From New International, Vol.4 No.1, January 1938, p.2.
Transcribed & marked up by Einde O’Callaghan for ETOL.

 

THE FIRST request we make to all our readers who have already rallied so loyally to the review in all parts of the world upon the announcement of its re-publication, according to the orders received by the business manager, is an expression of opinion. Do the contents fulfill the requirements? Whether or not they do, what suggestions have the readers for improvement?

We lay great store by international collaboration, so that our readers may have the best analysis of world political events and the developments in the international labor movement. Letters have already been written to the most qualified writers in the revolutionary Marxian movement of the most important countries of Europe and Latin America inviting regular contributions to the review. Coming issues will devote the necessary number of pages to such articles.

What is more fitting for a review issued by Marxists in the United States than the closest attention to the situation in the countries to the south of us? The revolutionary movement in Latin America has a decisive role to perform in the period to come. An effective struggle against Yankee imperialism requires a thorough knowledge of its workings on the American continents. We expect to publish important studies in this field by our comrades in Mexico, Cuba, the Argentine, Brazil, Panama, Chile, Venezuela, and other Latin American lands.
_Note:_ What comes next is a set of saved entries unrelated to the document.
-- ===== src/Terminal/Typed.antt =====
-- A key event of src/terminal.c, Enter or not: what is on the screen afterwards, and the input.
use bloreos.Base.{
  ℕ, ◌-◌, ◌^◌, ◌+◌, ◌<◌, ◌≡◌, refl, subst, ◌∙◌, Bool, true, false, not, ◌&&◌, List, [], some, none,
  ltb, ◌==◌, if◌then◌else◌, Ram, update, u32, u64, length, Bool-cases, inl, inr,
}
use bloreos.Str.{strlen}
use bloreos.Str.Compare.{Holds}
use bloreos.Ps2.Keys.{KeyEvent}
use bloreos.Terminal.{Terminal}
use bloreos.Terminal.Draw.{render_glyph, clear_cursor, render_cursor}
use bloreos.Terminal.Input.{
  enter, backspace, type_char, clear_glyph, term_keyevent, ps2_keydown, ps2_scancode_enter,
  ps2_scancode_backspace,
}
use bloreos.Terminal.Kept.{Kept-render_cursor, Kept-clear_cursor, Kept-render_glyph}
use bloreos.Terminal.InScreen.{InScreen, InScreen-Kept}
use bloreos.Terminal.Edit.{edited, term_keyevent-edits}
use bloreos.Terminal.Enter.{printable, enter-InScreen}

-- InScreen does not speak of the pixels and of the input.
redrawn-InScreen :
    (t : Terminal) (m : Ram) (x : ℕ) (input : Ram)
    → InScreen t
    → InScreen (record t { mem = m; input_render_x = x; input_str = input })
redrawn-InScreen t m x input v = record {
  ready = v.ready;
  cell = v.cell;
  narrow = v.narrow;
  low = v.low;
  x_in = v.x_in;
  y_in = v.y_in;
}

clear_cursor-InScreen : (t : Terminal) → InScreen t → InScreen (clear_cursor t)
clear_cursor-InScreen t v = InScreen-Kept t (clear_cursor t) (Kept-clear_cursor t) v

render_cursor-InScreen : (t : Terminal) → InScreen t → InScreen (render_cursor t)
render_cursor-InScreen t v = InScreen-Kept t (render_cursor t) (Kept-render_cursor t) v

type_char-InScreen :
    (ch : ℕ) (t t' : Terminal) → InScreen t → type_char ch t ≡ some t' → InScreen t'
unfolding type_char
type_char-InScreen ch t t' v e =
    let drawn = render_glyph ch t.input_render_x t.input_render_y t in
    let len = strlen t.input_str 0 in
    let typed = record drawn {
      input_render_x = u32 (t.input_render_x + t.glyph_width);
      input_str = update (update t.input_str len ch) (len + 1) 0;
    } in
    let drawn-InScreen =
      InScreen-Kept t drawn (Kept-render_glyph ch t.input_render_x t.input_render_y t) v in
    let done = render_cursor-InScreen (clear_cursor typed) (
      clear_cursor-InScreen typed
        (redrawn-InScreen drawn drawn.mem typed.input_render_x typed.input_str drawn-InScreen)) in
    elim (Bool-cases (ltb (len + 1) 256)) [
      | inl room ↦
          let same : some (render_cursor (clear_cursor typed)) ≡ some t' = rw room at e in
          let same' : render_cursor (clear_cursor typed) ≡ t' = cc in subst InScreen same' done
      | inr full ↦ let same : none ≡ some t' = rw full at e in absurd cc
    ]

backspace-InScreen : (t : Terminal) → InScreen t → InScreen (backspace t)
unfolding backspace
backspace-InScreen t v =
    let shorter = record t {
      input_str = update t.input_str (u64 (strlen t.input_str 0 + 2 ^ 64 - 1)) 0;
    } in
    let unmarked = clear_cursor shorter in
    render_cursor-InScreen _ (
      redrawn-InScreen unmarked (clear_glyph t.glyph_height unmarked 0 unmarked.mem)
        (u32 (t.input_render_x + 2 ^ 32 - t.glyph_width)) unmarked.input_str
        (clear_cursor-InScreen shorter
          (redrawn-InScreen t t.mem t.input_render_x shorter.input_str v)))

pub term_keyevent-InScreen :
    (stacks : ℕ → Ram) (secs : ℕ) (ke : KeyEvent) (t t' : Terminal)
    → (ke.event_type == ps2_keydown && (ke.scan_code == ps2_scancode_enter)) ≡ false
    → InScreen t
    → term_keyevent stacks secs ke t ≡ some t'
    → InScreen t'
unfolding term_keyevent
term_keyevent-InScreen stacks secs ke t t' other v e =
    elim (Bool-cases (
      ke.event_type == ps2_keydown
      && (ke.scan_code == ps2_scancode_backspace)
      && not (t.input_str 0 == 0))) [
        | inl back ↦
            let same : some (backspace t) ≡ some t' = rw (other, back) at e in
            let same' : backspace t ≡ t' = cc in subst InScreen same' (backspace-InScreen t v)
        | inr keep ↦ elim (Bool-cases (ke.event_type == ps2_keydown && not (ke.ascii == 0))) [
          | inl typed ↦ type_char-InScreen ke.ascii t t' v (rw (other, keep, typed) at e)
          | inr idle ↦
              let same : some t ≡ some t' = rw (other, keep, idle) at e in
              let same' : t ≡ t' = cc in subst InScreen same' v
        ]
      ]

abbrev pub is_enter : KeyEvent → Bool
is_enter ke = ke.event_type == ps2_keydown && (ke.scan_code == ps2_scancode_enter)

pub entered :
    (stacks : ℕ → Ram) (secs : ℕ) (ke : KeyEvent) (t : Terminal)
    → is_enter ke ≡ true
    → term_keyevent stacks secs ke t ≡ enter stacks secs t
unfolding term_keyevent
entered stacks secs ke t pressed = rw pressed refl

-- The input after an event, and whether Enter gets through it.
abbrev pub next_input : KeyEvent → List ℕ → List ℕ
next_input ke s = if is_enter ke then [] else edited ke s

abbrev pub allowed : KeyEvent → List ℕ → Bool
allowed ke s = if is_enter ke then printable s else true

pub term_keyevent-next :
    (stacks : ℕ → Ram) (secs : ℕ) (ke : KeyEvent) (s : List ℕ) (t : Terminal)
    → InScreen t
    → Holds t.input_str 0 s
    → length s < 255
    → secs < 2 ^ 64
    → allowed ke s ≡ true
    → (t' : Terminal) × (term_keyevent stacks secs ke t ≡ some t')
      × InScreen t'
      × Holds t'.input_str 0 (next_input ke s)
term_keyevent-next stacks secs ke s t v h small word ok = elim (Bool-cases (is_enter ke)) [
  | inl pressed ↦
      let ok' : printable s ≡ true = rw pressed at ok in
      let (t', done, v', empty) = enter-InScreen stacks secs s t v h ok' word in
      (t', entered stacks secs ke t pressed ∙ done, v', rw pressed empty)
  | inr other ↦
      let (t', done, text) = term_keyevent-edits stacks secs ke s t other small h in
      (t', done, term_keyevent-InScreen stacks secs ke t t' other v done, rw other text)
]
Nor do we intend to ignore our own United States. In addition to articles on current political problems – the future of the Labor Party movement in the United States, for example, is one such problem we hope to treat soon – we aim to probe into the history of the past. Old readers especially will welcome the return of George Novack, whose all-too-brief picture of John Brown appears in this issue. The author has promised us an absorbing article on the famous, and much-maligned, “draft riots” in New York during the Civil War. Others will come.

To ignore the enduring work of Marx and Engels would be not to live up to our title. As before, we shall produce some of the best works of these great thinkers which have not yet, unfortunately, been translated and published in English. Their freshness and cogency to present-day problems are often astonishing.

Polemics? Discussions? About serious questions, seriously dealt with – always. By the way, what responsible representative of anarchism will take up the challenge of Felix Morrow in the current issue? Our pages are waiting for him.

This is not a prospectus, only some hints. And your “hints”?